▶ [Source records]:
——————————

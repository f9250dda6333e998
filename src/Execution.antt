-- ===== src/Execution.antt =====
-- src/airgap_ai_gateway/execution.py: the execution of an approved plan.
pub mod Log
pub mod Step
pub mod Validate
pub mod Run
pub mod Keeping
pub mod Context
pub mod Recorded
pub mod Gate
pub mod Report
pub mod Restore
pub mod Output
pub mod Marked
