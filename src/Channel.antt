-- ===== src/Channel.antt =====
-- The channel branch of Session::RecvDispatch (Session.cpp; the same code stands in Client.cpp and
-- InternalClient.cpp): packets of an ordered channel are parsed in the order of their sequence
-- numbers, and up to 63 that arrive ahead are kept.
mod Spec
pub mod Ahead
pub mod Next
mod Keep
pub mod Delivery
pub mod Order
mod Enough
mod Tests
use dubuframework.Base.{
  ℕ, zero, suc, ◌-◌, ◌/◌, ◌%◌, ◌^◌, Bool, true, false, not, ◌&&◌, ◌||◌, Option, none, some, ltb,
  leb, ◌==◌, if◌then◌else◌, update, sub32, add32, succ32, bit_or,
}
use dubuframework.Packet.{Packet}
use dubuframework.PacketState.{RecvState, window_count, update_recv_sequence_no}
use dubuframework.CachePool.{CachePool, pop_packet_buffer, push_packet_buffer}
use dubuframework.Host.{Host}

-- struct CachePacket; the buffer and its size are the packet copied into it.
pub record CachePacket : Type 0 where
  pub buffer : Option Packet
  pub time_stamp : ℕ
  pub sequence_no : ℕ
  pub is_keep : Bool

-- struct CacheAlreadyPacket, less the sending half of its ReliablePacketState
pub record CacheAlreadyPacket : Type 0 where
  pub rps : RecvState
  pub cache_packets : ℕ → CachePacket  -- an array of 64

-- What the receiving code of a channel works on.
pub record Receiving (S : Type 0) : Type 0 where
  pub cap : CacheAlreadyPacket
  pub caches : CachePool
  pub host : S

module _ {S : Type 0} (h : Host S) where
  -- The body of the loop: parse the kept packet, give its buffer back, and go on by one.
  unfoldable pub run_kept : ℕ → Receiving S → Receiving S
  run_kept i r =
      let c = r.cap.cache_packets i in
      let rps = r.cap.rps in
      record {
        cap = record {
          rps = record rps {
            recv_repeat_seq = succ32 rps.recv_repeat_seq;
            cache_repeat_count = rps.cache_repeat_count / 2;
          };
          cache_packets =
              update r.cap.cache_packets i (record c { buffer = none; is_keep = false });
        };
        caches = push_packet_buffer r.caches;
        host = elim c.buffer [ none ↦ r.host | some p ↦ h.packet_parse p r.host ];
      }

  -- The loop over the packets kept ahead. The first argument bounds its rounds.
  unfoldable pub run_ahead : ℕ → ℕ → Receiving S → Receiving S
  unfolding run_kept
  run_ahead zero idx r = r
  run_ahead (suc fuel) idx r =
      let next = succ32 idx in
      let i = next % window_count in
      let c = r.cap.cache_packets i in
      let rest = run_ahead fuel next (run_kept i r) in
      if idx == r.cap.rps.last_repeat_seq
      then r
      else if not c.is_keep || not (c.sequence_no == next)
      then r
      else rest

  -- The packet is the next one.
  unfoldable pub receive_next : Packet → Receiving S → Receiving S
  receive_next p r =
      let rps = r.cap.rps in
      let is_last_update = rps.recv_repeat_seq == rps.last_repeat_seq in
      let parsed : Receiving S = record {
        cap = record r.cap {
          rps =
              update_recv_sequence_no p.header.sequence_no
                (record rps { cache_repeat_count = rps.cache_repeat_count / 2 });
        };
        caches = r.caches;
        host = h.packet_parse p r.host;
      } in
      let done = run_ahead window_count p.header.sequence_no parsed in
      if is_last_update
      then record done {
        cap = record done.cap {
          rps = record done.cap.rps { last_repeat_seq = done.cap.rps.recv_repeat_seq };
        };
      }
      else done

  -- The packet is ahead: it is kept, if it lies within the window.
  unfoldable pub keep_ahead : Packet → Receiving S → Receiving S × Bool
  unfolding pop_packet_buffer
  keep_ahead p r =
      let seq = p.header.sequence_no in
      let rps = r.cap.rps in
      let del = sub32 seq rps.recv_repeat_seq in
      let fwd = sub32 seq rps.last_repeat_seq in
      let last = if ltb fwd window_count then seq else rps.last_repeat_seq in
      let i = seq % window_count in
      let c = r.cap.cache_packets i in
      let (now, host) = h.clock r.host in
      if leb window_count del
      then (r, false)
      else if c.is_keep && c.sequence_no == seq
      then (record r { cap = record r.cap { rps = record rps { last_repeat_seq = last } } }, true)
      else (
        record {
          cap = record {
            rps = record rps {
              last_repeat_seq = last;
              cache_repeat_count = bit_or rps.cache_repeat_count (2 ^ (del - 1));
            };
            cache_packets =
                update r.cap.cache_packets i
                  (record { buffer = some p; time_stamp = now; sequence_no = seq; is_keep = true });
          };
          caches = pop_packet_buffer r.caches;
          host = host;
        },
        true,
      )

  -- The result tells the caller whether to acknowledge the packet.
  unfoldable pub receive : Packet → Receiving S → Receiving S × Bool
  receive p r =
      let seq = p.header.sequence_no in
      let recv = r.cap.rps.recv_repeat_seq in
      if ltb (sub32 recv seq) window_count
      then (r, true)
      else if not (seq == add32 recv 1)
      then keep_ahead p r
      else (receive_next p r, true)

——————————

▶ [What to do]: From the entries above, extract each line containing "unfolding".

▶ [Written response]:
  unfolding run_kept
  unfolding pop_packet_buffer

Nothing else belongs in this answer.